I found his discussion of the (implied unrealistic) hope of Robert Felix and others that improved conditions in the community might prevent serious conditions to be of great interest. While Torrey never truly evaluates the merits of these ideas, he may be right that in the 1950’s they were based more on ideology than research. However, it could be argued that current research supports Felix’ ideas. Torrey seems to be rooted to the idea that if the brain is involved then the environment is never implicated. This outdated conceptualization isolates the workings of the body from its environment. Just today, I was reading about research that demonstrated the debilitating effects of poverty on cognition. I think we are still trying to figure out how to address this but the idea has even more salience today than it did 60 years ago.
Torrey and I agree that the politics are complex. I share his view that it is a problem when programs are driven by ideology, when they are not tested, and when those who are in the trenches are not included in developing new approaches. I also share his view of the politics. No one can afford to admit that a program has failed – not the politicians who backed it or the ones who implemented it and are now dependent on it for their livelihoods. This may be even more true today than it was 60 years ago.
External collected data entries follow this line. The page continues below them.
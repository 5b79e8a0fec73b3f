-- ===== src/Jobs/Cancels/Replays.antt =====
-- What `request_cancel_idempotent` answers to a request that is sent again.
use lil_tweak.Prelude.{
  ℕ, ◌≡◌, ◌⊎◌, inl, inr, String, some, string_Eq, pair_Eq, if◌then◌else◌, ok, arith, beq_refl,
  Result-cases, Option-cases,
}
use lil_tweak.Prelude.Table.{get, get-put_self}
use lil_tweak.Json.{nat, field, end, Fields}
use lil_tweak.Jobs.Model.{Job, JobStore}
use lil_tweak.Jobs.Events.{validated_event_data, append_event_locked}
use lil_tweak.Jobs.Cancels.{cancelled_job, decided_before, request_cancel_idempotent, is_cancelled}

append_event_locked-kept :
    (job_id kind : String) (d : Fields) (now : ℕ) (s : JobStore)
    → ((append_event_locked job_id kind d now s).1.decisions ≡ s.decisions)
      × ((append_event_locked job_id kind d now s).1.jobs ≡ s.jobs)
unfolding append_event_locked
append_event_locked-kept job_id kind d now s = ground arith

-- The cancellation is on record, and the job is stored.
abbrev IsOnRecord : String → String → String → String → JobStore → Job → Type 0
IsOnRecord id owner key hash t j =
    (get {K = String × String} (owner, key) t.decisions ≡ some (hash, id))
    × (get id t.jobs ≡ some j)

cancel-ok :
    (id owner : String) (revision : ℕ) (key hash : String) (now : ℕ) (s t : JobStore) (j : Job)
    → request_cancel_idempotent id owner revision key hash now s ≡ (ok j, t)
    → ((decided_before (owner, key) hash id s ≡ some (ok j)) × (t ≡ s))
      ⊎ IsOnRecord id owner key hash t j
unfolding request_cancel_idempotent append_event_locked
cancel-ok id owner revision key hash now s t j h =
    elim (Option-cases (decided_before (owner, key) hash id s)) [
      | inr (answer, p) ↦ inl (ground (arith, h, p), ground (arith, h, p))
      | inl p ↦ elim (Result-cases (cancelled_job id owner revision now s)) [
        | inr (e, q) ↦ ground (arith, h, p, q)
        | inl (job, q) ↦
            elim (Result-cases (
              validated_event_data
                (if is_cancelled job.state then "cancelled" else "cancel_requested")
                (field "revision" (nat job.revision) end))) [
                  | inr (e, r) ↦ ground (arith, h, p, q, r)
                  | inl (checked, r) ↦ inr (
                    ground (
                      arith,
                      h,
                      p,
                      q,
                      r,
                      get-put_self {K = String × String} (owner, key) (hash, id) s.decisions,
                    ),
                    ground (arith, h, p, q, r, get-put_self id job s.jobs),
                  )
                ]
      ]
    ]

answered :
    (id owner key hash : String) (t : JobStore) (j : Job)
    → IsOnRecord id owner key hash t j
    → decided_before (owner, key) hash id t ≡ some (ok j)
unfolding decided_before
answered id owner key hash t j (recorded, stored) =
    ground (arith, recorded, stored, beq_refl hash, beq_refl id)

replayed :
    (id owner : String) (revision : ℕ) (key hash : String) (now : ℕ) (t : JobStore) (j : Job)
    → decided_before (owner, key) hash id t ≡ some (ok j)
    → request_cancel_idempotent id owner revision key hash now t ≡ (ok j, t)
unfolding request_cancel_idempotent
replayed id owner revision key hash now t j h = ground (arith, h)

-- A cancellation that was accepted is answered with the same job when it is sent again, whatever revision it expects then and at any time, and changes nothing the second time.
pub cancel_is_idempotent :
    (id owner : String) (revision revision' : ℕ) (key hash : String) (now now' : ℕ) (s t : JobStore)
    (j : Job)
    → request_cancel_idempotent id owner revision key hash now s ≡ (ok j, t)
    → request_cancel_idempotent id owner revision' key hash now' t ≡ (ok j, t)
cancel_is_idempotent id owner revision revision' key hash now now' s t j h =
    replayed id owner revision' key hash now' t j
      (elim (cancel-ok id owner revision key hash now s t j h) [
        | inl (before, same) ↦ rw same before
        | inr kept ↦ answered id owner key hash t j kept
      ])
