-- ===== src/Json/Equality.antt =====
-- `_json_type_equal` of store.py: equality of JSON values that tells `True` from 1 and 1 from 1.0.
use lil_tweak.Prelude.{Bool, true, false, ◌&&◌, some, none, nat_eq, ◌==◌, string_Eq}
use lil_tweak.Json.{
  Json, null, bool, nat, neg, real, text, arr, obj, Items, nil, cons, Fields, end, field, get_field,
  field_count, bool_eq, real_eq,
}

unfoldable mutual
  pub json_type_equal : Json → Json → Bool
  json_type_equal null null = true
  json_type_equal (bool a) (bool b) = bool_eq a b
  json_type_equal (nat a) (nat b) = nat_eq a b
  json_type_equal (neg a) (neg b) = nat_eq a b
  json_type_equal (real a) (real b) = real_eq a b
  json_type_equal (text a) (text b) = a == b
  json_type_equal (arr a) (arr b) = items_equal a b
  json_type_equal (obj a) (obj b) = nat_eq (field_count a) (field_count b) && fields_within a b
  json_type_equal _ _ = false

  pub items_equal : Items → Items → Bool
  items_equal nil nil = true
  items_equal (cons x xs) (cons y ys) = json_type_equal x y && items_equal xs ys
  items_equal _ _ = false

  -- Every key of the left is one of the right, with an equal value.
  pub fields_within : Fields → Fields → Bool
  fields_within end right = true
  fields_within (field k v rest) right =
      elim (get_field k right) [ none ↦ false | some w ↦ json_type_equal v w ]
      && fields_within rest right

-- The two dictionaries have the same keys, and equal values there.
unfoldable pub fields_equal : Fields → Fields → Bool
unfolding json_type_equal items_equal fields_within
fields_equal a b = nat_eq (field_count a) (field_count b) && fields_within a b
It seems that we live in a world of spin.
But Torrey and I continue to have profound disagreement. What is so fascinating to me about this is how two people can view the same things but interpret them in such different ways. Where Torrey has clarity, I contend there is much that we still do not understand. I worry that a perspective that suggests the answers are clear cuts us off from inquiry into alternate approaches. Maybe I suffer from anosognosia.